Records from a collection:
********

-- ===== src/Runtime/Pump/Closed.antt =====
-- What becomes of the packets when the pump of src/runtime.rs has ended, or could not open its device.
use smoltcp_socks.Common.{
  ℕ, ◌≡◌, refl, ap, sym, subst, ◌∙◌, Bool, false, List, [], Bytes, err, replicate,
}
use smoltcp_socks.Mpsc.{Mpsc, MpscLaws}
use smoltcp_socks.Device.{Packet, consume}
use smoltcp_socks.Device.Receive.{take_in_flow, pop_front-IsPopped}
use smoltcp_socks.Runtime.Pump.{
  PumpEvent, Pumping, leave, Tun, OpenError, open_tun, tun_pump, pump_device,
}
use smoltcp_socks.Runtime.Pump.Flow.{
  Flow, still, joined, Step, pumps, cannot_open, takes_in, pops, transmits, stack_ends, Reach, here,
  next,
}

-- Nothing reached the stack from the device, or the device from the stack.
pub record IsIdle (f : Flow) : Type 0 where
  pub no_arrival : f.arrived ≡ []
  pub no_send : f.sent ≡ []
  pub no_take : f.taken ≡ []

IsIdle-still : (f : Flow) → IsIdle f → IsIdle (joined f still)
IsIdle-still f h = record {
  no_arrival = rw h.no_arrival refl;
  no_send = rw h.no_send refl;
  no_take = rw h.no_take refl;
}

-- The pump has ended, and this is what it had written.
pub record IsClosed (m : Mpsc Packet) (s : Pumping m) (written : List Packet) : Type 0 where
  pub stopped : s.running ≡ false
  pub no_receiver : m.has_receiver s.bridge.outbound ≡ false
  pub same_written : s.written ≡ written

module _ (m : Mpsc Packet) (laws : MpscLaws m) where
  refused : (p : Packet) (c : m.Chan) → m.has_receiver c ≡ false → (m.try_send p c).0 ≡ false
  refused p c h = laws.send_admits p c ∙ rw h refl

  Step-IsClosed :
      (s u : Pumping m) (f g : Flow) (w : List Packet)
      → Step m s u g
      → IsClosed m s w
      → IsIdle f
      → IsClosed m u w × IsIdle (joined f g)
  unfolding consume
  Step-IsClosed s u f g w (pumps e r p q) h i = cc (r, h.stopped)
  Step-IsClosed s u f g w (cannot_open r p q) h i = cc (r, h.stopped)
  Step-IsClosed s u f g w (takes_in r p q) h i =
      rw (p, q)
        (
          record {
            stopped = h.stopped;
            no_receiver =
                ap m.has_receiver (take_in_flow m laws s.bridge).0.same_outbound ∙ h.no_receiver;
            same_written = h.same_written;
          },
          IsIdle-still f i,
        )
  Step-IsClosed s u f g w (pops r p q) h i =
      rw (p, q)
        (
          record {
            stopped = h.stopped;
            no_receiver =
                ap m.has_receiver (pop_front-IsPopped m s.bridge).outbound_kept ∙ h.no_receiver;
            same_written = h.same_written;
          },
          record {
            no_arrival = rw i.no_arrival refl;
            no_send = rw i.no_send refl;
            no_take = rw i.no_take refl;
          },
        )
  Step-IsClosed s u f g w (transmits len fill r p q) h i =
      let x = (fill (replicate len 0)).1 in
      rw (p, q)
        (
          record {
            stopped = h.stopped;
            no_receiver = (laws.send_ends x s.bridge.outbound).has_receiver ∙ h.no_receiver;
            same_written = h.same_written;
          },
          record {
            no_arrival = rw i.no_arrival refl;
            no_send = rw (i.no_send, refused x s.bridge.outbound h.no_receiver) refl;
            no_take = rw i.no_take refl;
          },
        )
  Step-IsClosed s u f g w (stack_ends p q) h i =
      rw (p, q)
        (
          record {
            stopped = h.stopped;
            no_receiver = laws.sender_receiver s.bridge.outbound ∙ h.no_receiver;
            same_written = h.same_written;
          },
          IsIdle-still f i,
        )

  Reach-IsClosed :
      (s u : Pumping m) (f : Flow) (w : List Packet)
      → Reach m s u f
      → IsClosed m s w
      → IsClosed m u w × IsIdle f
  Reach-IsClosed s _ _ w here h = (h, record { no_arrival = refl; no_send = refl; no_take = refl })
  Reach-IsClosed s v k w (next {u} {f} {g} r step e) h =
      let (c, i) = Reach-IsClosed s u f w r h in
      let (c', i') = Step-IsClosed u v f g w step c i in (c', subst IsIdle (sym e) i')

  leave-IsClosed : (s : Pumping m) → IsClosed m (leave m s) s.written
  unfolding leave
  leave-IsClosed s = record {
    stopped = refl;
    no_receiver = laws.receiver_dropped s.bridge.outbound;
    same_written = refl;
  }

  -- If the device cannot be opened, then the pump ends at once, and the stack runs on without it:
  -- whatever happens next, no packet arrives, every packet that smoltcp sends is dropped, and nothing
  -- is written to a device.
  pub unopened-IsClosed :
      (tun : Tun) (apple : Bool) (spec : Bytes) (mtu : ℕ) (events : List PumpEvent)
      (s u : Pumping m) (f : Flow) (e : OpenError tun)
      → open_tun tun apple spec mtu ≡ err e
      → Reach m (tun_pump m tun apple spec mtu events s) u f
      → IsClosed m u s.written × IsIdle f
  unfolding tun_pump pump_device
  unopened-IsClosed tun apple spec mtu events s u f e h r =
      Reach-IsClosed (leave m s) u f s.written
        (subst (λ o. Reach m (pump_device m o events s) u f) h r) (leave-IsClosed s)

********

**Instructions to follow**
For the word "bridge", find all matching lines in the entries above and copy them out.

**The completed task**
  pub no_receiver : m.has_receiver s.bridge.outbound ≡ false
                ap m.has_receiver (take_in_flow m laws s.bridge).0.same_outbound ∙ h.no_receiver;
                ap m.has_receiver (pop_front-IsPopped m s.bridge).outbound_kept ∙ h.no_receiver;
            no_receiver = (laws.send_ends x s.bridge.outbound).has_receiver ∙ h.no_receiver;
            no_send = rw (i.no_send, refused x s.bridge.outbound h.no_receiver) refl;
            no_receiver = laws.sender_receiver s.bridge.outbound ∙ h.no_receiver;
    no_receiver = laws.receiver_dropped s.bridge.outbound;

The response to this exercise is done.